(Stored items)
=== Begin Enclosure ===

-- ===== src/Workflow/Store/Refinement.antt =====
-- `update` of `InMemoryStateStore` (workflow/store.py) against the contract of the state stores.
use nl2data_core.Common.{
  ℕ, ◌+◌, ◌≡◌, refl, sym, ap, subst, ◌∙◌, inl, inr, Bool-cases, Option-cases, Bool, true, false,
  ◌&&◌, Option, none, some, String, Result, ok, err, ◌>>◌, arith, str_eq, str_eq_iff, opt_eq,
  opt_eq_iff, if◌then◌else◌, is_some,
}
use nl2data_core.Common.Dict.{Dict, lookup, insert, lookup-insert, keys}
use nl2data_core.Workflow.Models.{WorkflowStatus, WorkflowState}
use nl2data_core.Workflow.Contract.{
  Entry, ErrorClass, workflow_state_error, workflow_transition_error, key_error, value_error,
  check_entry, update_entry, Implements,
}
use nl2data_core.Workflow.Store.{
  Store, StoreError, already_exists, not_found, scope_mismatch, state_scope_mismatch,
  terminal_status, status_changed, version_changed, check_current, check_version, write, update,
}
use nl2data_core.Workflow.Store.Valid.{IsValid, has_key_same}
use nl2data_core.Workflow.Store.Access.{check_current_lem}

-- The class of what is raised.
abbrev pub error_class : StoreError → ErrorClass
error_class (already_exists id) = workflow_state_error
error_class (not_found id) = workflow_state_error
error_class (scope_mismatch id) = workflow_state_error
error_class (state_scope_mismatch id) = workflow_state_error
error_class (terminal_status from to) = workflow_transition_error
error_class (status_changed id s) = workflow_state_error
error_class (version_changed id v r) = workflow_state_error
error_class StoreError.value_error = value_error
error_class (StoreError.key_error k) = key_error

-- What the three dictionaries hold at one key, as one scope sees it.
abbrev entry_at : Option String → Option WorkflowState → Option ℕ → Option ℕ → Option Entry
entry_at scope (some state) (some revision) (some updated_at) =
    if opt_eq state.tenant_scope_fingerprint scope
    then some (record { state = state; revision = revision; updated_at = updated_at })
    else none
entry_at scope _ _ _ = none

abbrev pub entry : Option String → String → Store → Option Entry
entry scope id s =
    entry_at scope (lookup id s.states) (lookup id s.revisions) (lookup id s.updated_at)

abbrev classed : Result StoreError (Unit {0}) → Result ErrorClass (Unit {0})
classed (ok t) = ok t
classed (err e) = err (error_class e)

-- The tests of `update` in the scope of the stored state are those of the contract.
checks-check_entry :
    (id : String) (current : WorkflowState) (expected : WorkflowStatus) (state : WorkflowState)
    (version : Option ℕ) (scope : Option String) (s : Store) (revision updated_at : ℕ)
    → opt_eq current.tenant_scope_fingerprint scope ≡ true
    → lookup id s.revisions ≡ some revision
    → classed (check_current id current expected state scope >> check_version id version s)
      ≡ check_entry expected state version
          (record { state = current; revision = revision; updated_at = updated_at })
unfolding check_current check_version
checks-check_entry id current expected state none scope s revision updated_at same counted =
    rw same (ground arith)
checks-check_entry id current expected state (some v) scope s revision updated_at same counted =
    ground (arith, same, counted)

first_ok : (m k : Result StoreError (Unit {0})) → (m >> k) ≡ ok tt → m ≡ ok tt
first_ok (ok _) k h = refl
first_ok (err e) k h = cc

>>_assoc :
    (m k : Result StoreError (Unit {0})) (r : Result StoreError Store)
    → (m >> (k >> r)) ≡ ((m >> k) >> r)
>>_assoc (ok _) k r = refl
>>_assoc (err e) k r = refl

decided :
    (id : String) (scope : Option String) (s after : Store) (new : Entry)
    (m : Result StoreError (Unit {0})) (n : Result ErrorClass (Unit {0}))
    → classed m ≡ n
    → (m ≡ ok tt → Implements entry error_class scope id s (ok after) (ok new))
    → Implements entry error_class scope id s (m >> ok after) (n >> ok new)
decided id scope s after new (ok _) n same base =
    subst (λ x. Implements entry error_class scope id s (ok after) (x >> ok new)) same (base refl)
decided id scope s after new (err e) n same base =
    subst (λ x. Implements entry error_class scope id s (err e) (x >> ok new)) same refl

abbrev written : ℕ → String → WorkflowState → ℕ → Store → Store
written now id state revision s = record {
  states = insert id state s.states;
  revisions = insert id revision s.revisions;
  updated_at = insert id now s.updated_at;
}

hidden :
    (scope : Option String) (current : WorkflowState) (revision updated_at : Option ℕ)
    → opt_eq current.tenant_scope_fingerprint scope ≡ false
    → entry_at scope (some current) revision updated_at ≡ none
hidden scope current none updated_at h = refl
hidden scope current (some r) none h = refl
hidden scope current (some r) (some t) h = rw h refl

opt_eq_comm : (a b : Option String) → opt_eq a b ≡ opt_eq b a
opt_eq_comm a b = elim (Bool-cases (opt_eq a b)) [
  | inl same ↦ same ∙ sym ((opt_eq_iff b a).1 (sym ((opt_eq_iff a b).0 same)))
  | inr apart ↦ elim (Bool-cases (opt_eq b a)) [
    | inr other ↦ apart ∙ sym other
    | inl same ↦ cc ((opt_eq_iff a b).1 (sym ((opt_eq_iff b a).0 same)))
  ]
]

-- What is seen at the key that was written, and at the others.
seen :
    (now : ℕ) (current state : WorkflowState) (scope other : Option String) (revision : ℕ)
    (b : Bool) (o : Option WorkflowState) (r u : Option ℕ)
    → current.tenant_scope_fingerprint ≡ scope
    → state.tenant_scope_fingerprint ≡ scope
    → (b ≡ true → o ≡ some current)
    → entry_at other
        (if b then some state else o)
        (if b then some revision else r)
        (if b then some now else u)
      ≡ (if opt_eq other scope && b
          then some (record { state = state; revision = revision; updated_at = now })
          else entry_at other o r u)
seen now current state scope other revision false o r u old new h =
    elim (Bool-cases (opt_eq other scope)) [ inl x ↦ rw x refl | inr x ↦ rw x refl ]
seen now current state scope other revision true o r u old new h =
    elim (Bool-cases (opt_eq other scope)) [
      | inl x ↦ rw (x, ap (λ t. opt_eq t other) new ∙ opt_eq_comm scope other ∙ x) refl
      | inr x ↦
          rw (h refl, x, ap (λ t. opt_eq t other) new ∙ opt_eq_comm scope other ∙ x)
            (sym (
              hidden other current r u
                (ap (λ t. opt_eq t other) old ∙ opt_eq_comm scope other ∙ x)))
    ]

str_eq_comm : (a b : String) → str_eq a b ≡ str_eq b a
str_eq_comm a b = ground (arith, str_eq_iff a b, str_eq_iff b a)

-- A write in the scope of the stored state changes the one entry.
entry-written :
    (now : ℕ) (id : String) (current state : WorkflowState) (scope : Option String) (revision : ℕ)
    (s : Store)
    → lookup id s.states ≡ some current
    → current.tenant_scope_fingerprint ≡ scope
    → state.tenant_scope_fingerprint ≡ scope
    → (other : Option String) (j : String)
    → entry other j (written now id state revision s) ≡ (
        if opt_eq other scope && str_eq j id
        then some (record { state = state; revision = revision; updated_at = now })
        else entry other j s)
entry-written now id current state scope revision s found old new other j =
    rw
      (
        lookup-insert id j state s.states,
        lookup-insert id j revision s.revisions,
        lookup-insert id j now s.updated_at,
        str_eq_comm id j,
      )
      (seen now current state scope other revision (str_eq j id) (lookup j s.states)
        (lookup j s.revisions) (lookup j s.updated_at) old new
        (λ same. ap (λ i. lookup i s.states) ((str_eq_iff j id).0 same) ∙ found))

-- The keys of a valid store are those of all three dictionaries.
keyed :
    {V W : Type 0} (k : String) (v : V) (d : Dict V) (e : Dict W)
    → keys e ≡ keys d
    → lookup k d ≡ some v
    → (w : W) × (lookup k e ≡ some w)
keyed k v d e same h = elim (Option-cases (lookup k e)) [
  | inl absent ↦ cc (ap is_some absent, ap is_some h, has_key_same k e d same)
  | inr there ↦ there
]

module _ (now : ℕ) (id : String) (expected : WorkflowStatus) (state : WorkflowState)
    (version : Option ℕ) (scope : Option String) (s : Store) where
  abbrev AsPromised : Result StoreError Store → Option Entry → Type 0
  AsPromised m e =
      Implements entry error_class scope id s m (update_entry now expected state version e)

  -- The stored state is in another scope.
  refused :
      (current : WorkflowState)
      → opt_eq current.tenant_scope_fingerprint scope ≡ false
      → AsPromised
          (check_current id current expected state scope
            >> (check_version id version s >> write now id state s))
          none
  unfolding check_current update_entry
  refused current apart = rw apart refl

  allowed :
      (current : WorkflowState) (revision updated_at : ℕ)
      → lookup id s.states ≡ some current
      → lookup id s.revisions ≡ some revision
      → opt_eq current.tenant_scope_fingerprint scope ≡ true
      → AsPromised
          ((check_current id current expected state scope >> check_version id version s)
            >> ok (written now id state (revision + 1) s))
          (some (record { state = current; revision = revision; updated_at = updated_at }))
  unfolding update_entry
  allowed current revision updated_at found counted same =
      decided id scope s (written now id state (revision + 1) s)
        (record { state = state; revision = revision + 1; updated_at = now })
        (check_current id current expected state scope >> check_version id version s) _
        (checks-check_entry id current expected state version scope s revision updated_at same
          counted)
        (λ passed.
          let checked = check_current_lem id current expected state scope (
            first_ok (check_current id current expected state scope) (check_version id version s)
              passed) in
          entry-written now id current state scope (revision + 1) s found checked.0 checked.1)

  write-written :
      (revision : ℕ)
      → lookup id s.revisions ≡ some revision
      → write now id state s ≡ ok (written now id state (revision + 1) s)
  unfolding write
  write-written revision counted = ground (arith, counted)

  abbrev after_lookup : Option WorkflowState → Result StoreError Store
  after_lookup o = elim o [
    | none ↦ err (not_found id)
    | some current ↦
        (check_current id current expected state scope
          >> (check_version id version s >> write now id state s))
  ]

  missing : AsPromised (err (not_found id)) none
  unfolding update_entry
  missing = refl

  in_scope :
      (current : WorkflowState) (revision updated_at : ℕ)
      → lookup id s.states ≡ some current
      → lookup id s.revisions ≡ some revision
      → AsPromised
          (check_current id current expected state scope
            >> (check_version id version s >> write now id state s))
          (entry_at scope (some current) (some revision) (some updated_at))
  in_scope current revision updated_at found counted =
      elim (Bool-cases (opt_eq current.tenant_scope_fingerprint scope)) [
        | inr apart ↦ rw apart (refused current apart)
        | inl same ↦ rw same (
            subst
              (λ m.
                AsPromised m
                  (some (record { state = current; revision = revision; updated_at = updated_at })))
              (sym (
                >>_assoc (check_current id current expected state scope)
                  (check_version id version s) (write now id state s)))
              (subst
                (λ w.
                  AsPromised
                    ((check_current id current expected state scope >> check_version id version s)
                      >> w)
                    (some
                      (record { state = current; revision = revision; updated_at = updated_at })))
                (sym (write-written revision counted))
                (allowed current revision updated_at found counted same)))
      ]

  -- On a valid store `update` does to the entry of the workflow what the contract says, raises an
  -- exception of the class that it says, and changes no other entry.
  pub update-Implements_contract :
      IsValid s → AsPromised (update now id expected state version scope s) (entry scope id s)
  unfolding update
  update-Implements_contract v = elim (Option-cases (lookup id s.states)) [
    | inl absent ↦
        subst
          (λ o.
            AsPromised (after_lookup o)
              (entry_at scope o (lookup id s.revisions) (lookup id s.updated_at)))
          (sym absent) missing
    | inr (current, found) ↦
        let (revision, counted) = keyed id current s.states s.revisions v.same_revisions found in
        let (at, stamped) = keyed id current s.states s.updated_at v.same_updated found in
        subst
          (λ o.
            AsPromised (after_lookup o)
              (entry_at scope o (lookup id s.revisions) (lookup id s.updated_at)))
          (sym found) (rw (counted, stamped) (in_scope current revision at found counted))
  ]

=== End Enclosure ===

Search the records for the word "StoreError", then list every line that has it.

  Store, StoreError, already_exists, not_found, scope_mismatch, state_scope_mismatch,
abbrev pub error_class : StoreError → ErrorClass
error_class StoreError.value_error = value_error
error_class (StoreError.key_error k) = key_error
abbrev classed : Result StoreError (Unit {0}) → Result ErrorClass (Unit {0})
first_ok : (m k : Result StoreError (Unit {0})) → (m >> k) ≡ ok tt → m ≡ ok tt
    (m k : Result StoreError (Unit {0})) (r : Result StoreError Store)
    (m : Result StoreError (Unit {0})) (n : Result ErrorClass (Unit {0}))
  abbrev AsPromised : Result StoreError Store → Option Entry → Type 0
  abbrev after_lookup : Option WorkflowState → Result StoreError Store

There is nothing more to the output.